Your instructions: Each line in the listing below that contains "checked" should be returned.

Data:
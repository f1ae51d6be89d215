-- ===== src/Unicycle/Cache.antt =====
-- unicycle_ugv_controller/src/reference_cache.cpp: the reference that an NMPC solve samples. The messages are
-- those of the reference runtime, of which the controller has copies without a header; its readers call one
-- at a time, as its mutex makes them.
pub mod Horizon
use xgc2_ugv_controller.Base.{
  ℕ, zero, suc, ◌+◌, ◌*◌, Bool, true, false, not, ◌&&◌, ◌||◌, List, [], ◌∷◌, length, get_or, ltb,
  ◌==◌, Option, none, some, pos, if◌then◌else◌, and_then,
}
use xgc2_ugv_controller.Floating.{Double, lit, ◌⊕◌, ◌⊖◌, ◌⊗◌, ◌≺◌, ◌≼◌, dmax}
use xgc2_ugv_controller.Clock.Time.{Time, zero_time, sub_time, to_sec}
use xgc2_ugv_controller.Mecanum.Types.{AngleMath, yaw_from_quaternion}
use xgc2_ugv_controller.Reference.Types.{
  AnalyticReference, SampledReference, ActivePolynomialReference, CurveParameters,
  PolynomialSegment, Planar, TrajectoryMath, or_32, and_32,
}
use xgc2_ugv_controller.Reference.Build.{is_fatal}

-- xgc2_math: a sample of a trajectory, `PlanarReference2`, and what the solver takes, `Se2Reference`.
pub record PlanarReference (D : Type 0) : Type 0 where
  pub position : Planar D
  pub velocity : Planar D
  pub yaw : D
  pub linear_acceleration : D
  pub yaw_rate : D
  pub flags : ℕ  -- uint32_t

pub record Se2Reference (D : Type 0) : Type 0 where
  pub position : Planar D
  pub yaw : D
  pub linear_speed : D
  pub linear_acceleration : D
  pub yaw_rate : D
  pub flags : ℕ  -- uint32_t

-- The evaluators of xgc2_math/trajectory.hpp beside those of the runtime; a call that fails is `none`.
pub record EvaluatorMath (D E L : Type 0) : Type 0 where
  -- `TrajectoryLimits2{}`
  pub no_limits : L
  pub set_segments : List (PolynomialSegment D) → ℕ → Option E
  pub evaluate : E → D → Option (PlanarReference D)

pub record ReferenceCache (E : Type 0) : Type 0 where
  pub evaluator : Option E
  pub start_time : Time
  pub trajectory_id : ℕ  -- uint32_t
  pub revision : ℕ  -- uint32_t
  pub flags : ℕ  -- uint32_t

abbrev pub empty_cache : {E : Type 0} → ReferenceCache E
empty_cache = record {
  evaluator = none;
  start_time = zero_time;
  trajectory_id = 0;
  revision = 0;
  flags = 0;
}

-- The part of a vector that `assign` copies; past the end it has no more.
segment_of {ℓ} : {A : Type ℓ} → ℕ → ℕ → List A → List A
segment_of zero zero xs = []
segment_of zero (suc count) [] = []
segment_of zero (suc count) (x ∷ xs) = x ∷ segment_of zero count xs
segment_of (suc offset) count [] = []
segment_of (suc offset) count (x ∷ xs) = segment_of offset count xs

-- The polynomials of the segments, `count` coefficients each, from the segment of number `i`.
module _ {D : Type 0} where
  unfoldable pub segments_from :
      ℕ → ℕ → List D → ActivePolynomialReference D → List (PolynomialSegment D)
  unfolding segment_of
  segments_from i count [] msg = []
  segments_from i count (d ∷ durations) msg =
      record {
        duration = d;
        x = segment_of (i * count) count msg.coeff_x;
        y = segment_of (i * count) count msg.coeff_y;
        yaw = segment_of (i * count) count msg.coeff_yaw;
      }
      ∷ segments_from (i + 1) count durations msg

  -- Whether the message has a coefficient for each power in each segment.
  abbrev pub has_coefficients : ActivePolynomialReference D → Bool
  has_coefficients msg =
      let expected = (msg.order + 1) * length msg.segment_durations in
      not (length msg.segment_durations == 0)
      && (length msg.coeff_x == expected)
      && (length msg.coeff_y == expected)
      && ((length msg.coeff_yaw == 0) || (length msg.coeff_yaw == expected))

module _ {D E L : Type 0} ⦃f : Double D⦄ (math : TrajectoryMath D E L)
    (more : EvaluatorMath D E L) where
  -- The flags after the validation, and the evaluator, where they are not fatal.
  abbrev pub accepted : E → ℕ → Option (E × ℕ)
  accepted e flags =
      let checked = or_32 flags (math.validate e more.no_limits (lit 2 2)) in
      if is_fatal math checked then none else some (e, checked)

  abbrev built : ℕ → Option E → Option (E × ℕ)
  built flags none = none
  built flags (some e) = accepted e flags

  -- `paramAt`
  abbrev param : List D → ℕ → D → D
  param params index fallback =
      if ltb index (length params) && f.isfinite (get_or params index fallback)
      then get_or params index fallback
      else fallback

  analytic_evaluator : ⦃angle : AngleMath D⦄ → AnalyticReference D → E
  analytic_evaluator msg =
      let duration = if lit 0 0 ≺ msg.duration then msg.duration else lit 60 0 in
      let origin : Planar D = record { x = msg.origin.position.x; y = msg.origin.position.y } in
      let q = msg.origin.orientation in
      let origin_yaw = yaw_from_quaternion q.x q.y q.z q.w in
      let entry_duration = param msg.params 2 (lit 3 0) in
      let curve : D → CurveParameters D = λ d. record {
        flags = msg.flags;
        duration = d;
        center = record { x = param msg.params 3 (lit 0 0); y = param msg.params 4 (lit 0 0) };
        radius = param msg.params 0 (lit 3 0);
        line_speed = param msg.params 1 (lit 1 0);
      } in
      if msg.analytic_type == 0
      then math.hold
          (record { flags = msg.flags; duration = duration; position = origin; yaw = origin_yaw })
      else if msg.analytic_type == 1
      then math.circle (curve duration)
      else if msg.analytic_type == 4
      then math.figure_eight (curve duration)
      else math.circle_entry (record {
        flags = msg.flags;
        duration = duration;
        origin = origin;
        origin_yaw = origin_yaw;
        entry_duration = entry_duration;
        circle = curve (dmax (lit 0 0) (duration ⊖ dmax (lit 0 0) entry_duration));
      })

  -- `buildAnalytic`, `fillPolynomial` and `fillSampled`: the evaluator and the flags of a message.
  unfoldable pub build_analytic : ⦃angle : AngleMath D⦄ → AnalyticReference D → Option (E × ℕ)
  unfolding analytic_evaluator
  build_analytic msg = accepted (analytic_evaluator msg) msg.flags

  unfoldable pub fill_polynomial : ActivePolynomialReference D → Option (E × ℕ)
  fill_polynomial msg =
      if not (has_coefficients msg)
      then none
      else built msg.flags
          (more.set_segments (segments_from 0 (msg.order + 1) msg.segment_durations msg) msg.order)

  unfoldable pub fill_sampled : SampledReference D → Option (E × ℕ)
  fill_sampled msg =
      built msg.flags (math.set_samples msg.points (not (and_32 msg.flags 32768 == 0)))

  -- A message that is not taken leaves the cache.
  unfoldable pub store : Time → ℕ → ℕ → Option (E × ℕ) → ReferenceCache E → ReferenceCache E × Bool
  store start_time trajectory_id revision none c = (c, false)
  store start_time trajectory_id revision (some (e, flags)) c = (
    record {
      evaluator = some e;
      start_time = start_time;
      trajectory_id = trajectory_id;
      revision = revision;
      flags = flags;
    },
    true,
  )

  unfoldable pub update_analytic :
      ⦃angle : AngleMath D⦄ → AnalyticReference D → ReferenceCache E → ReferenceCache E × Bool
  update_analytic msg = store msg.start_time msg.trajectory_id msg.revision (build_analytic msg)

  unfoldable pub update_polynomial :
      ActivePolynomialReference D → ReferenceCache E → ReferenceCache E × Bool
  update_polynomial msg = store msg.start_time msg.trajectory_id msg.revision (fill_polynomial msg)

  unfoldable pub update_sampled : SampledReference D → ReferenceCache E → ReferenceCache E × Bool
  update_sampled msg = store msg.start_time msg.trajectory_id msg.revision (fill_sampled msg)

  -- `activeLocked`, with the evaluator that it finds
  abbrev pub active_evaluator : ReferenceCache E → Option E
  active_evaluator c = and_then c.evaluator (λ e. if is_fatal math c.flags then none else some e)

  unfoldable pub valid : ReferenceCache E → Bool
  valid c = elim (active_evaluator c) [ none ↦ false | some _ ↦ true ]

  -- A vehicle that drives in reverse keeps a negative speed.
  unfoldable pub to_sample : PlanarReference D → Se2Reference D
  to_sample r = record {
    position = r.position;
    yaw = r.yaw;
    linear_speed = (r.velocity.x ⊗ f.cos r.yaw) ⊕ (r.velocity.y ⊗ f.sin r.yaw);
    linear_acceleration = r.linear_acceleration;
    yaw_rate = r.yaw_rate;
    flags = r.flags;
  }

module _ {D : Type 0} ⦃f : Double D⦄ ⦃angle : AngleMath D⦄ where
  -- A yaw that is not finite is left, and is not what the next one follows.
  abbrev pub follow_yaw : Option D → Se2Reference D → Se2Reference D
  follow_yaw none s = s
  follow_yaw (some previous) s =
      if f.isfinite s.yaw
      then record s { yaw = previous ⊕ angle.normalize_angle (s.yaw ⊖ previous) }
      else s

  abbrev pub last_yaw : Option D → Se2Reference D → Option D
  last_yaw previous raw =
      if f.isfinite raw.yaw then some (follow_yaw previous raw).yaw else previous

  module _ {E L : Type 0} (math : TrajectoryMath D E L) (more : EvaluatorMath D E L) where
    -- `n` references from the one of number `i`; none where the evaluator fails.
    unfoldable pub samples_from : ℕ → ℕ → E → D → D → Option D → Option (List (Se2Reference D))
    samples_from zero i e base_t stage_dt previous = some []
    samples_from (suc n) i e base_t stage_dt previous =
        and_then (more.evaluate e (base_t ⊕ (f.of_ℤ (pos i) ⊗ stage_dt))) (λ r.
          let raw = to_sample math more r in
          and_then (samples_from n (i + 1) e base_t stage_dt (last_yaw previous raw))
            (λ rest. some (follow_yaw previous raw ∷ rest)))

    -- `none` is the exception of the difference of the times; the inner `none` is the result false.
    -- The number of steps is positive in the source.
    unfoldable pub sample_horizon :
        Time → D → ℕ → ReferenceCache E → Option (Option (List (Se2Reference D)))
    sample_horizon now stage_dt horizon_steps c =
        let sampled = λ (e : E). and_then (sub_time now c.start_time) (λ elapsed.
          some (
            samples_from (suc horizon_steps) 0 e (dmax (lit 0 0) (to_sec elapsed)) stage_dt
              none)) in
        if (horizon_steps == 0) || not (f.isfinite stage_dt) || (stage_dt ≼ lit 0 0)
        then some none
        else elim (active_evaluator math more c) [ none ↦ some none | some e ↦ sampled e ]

Result for this task:
      let checked = or_32 flags (math.validate e more.no_limits (lit 2 2)) in
      if is_fatal math checked then none else some (e, checked)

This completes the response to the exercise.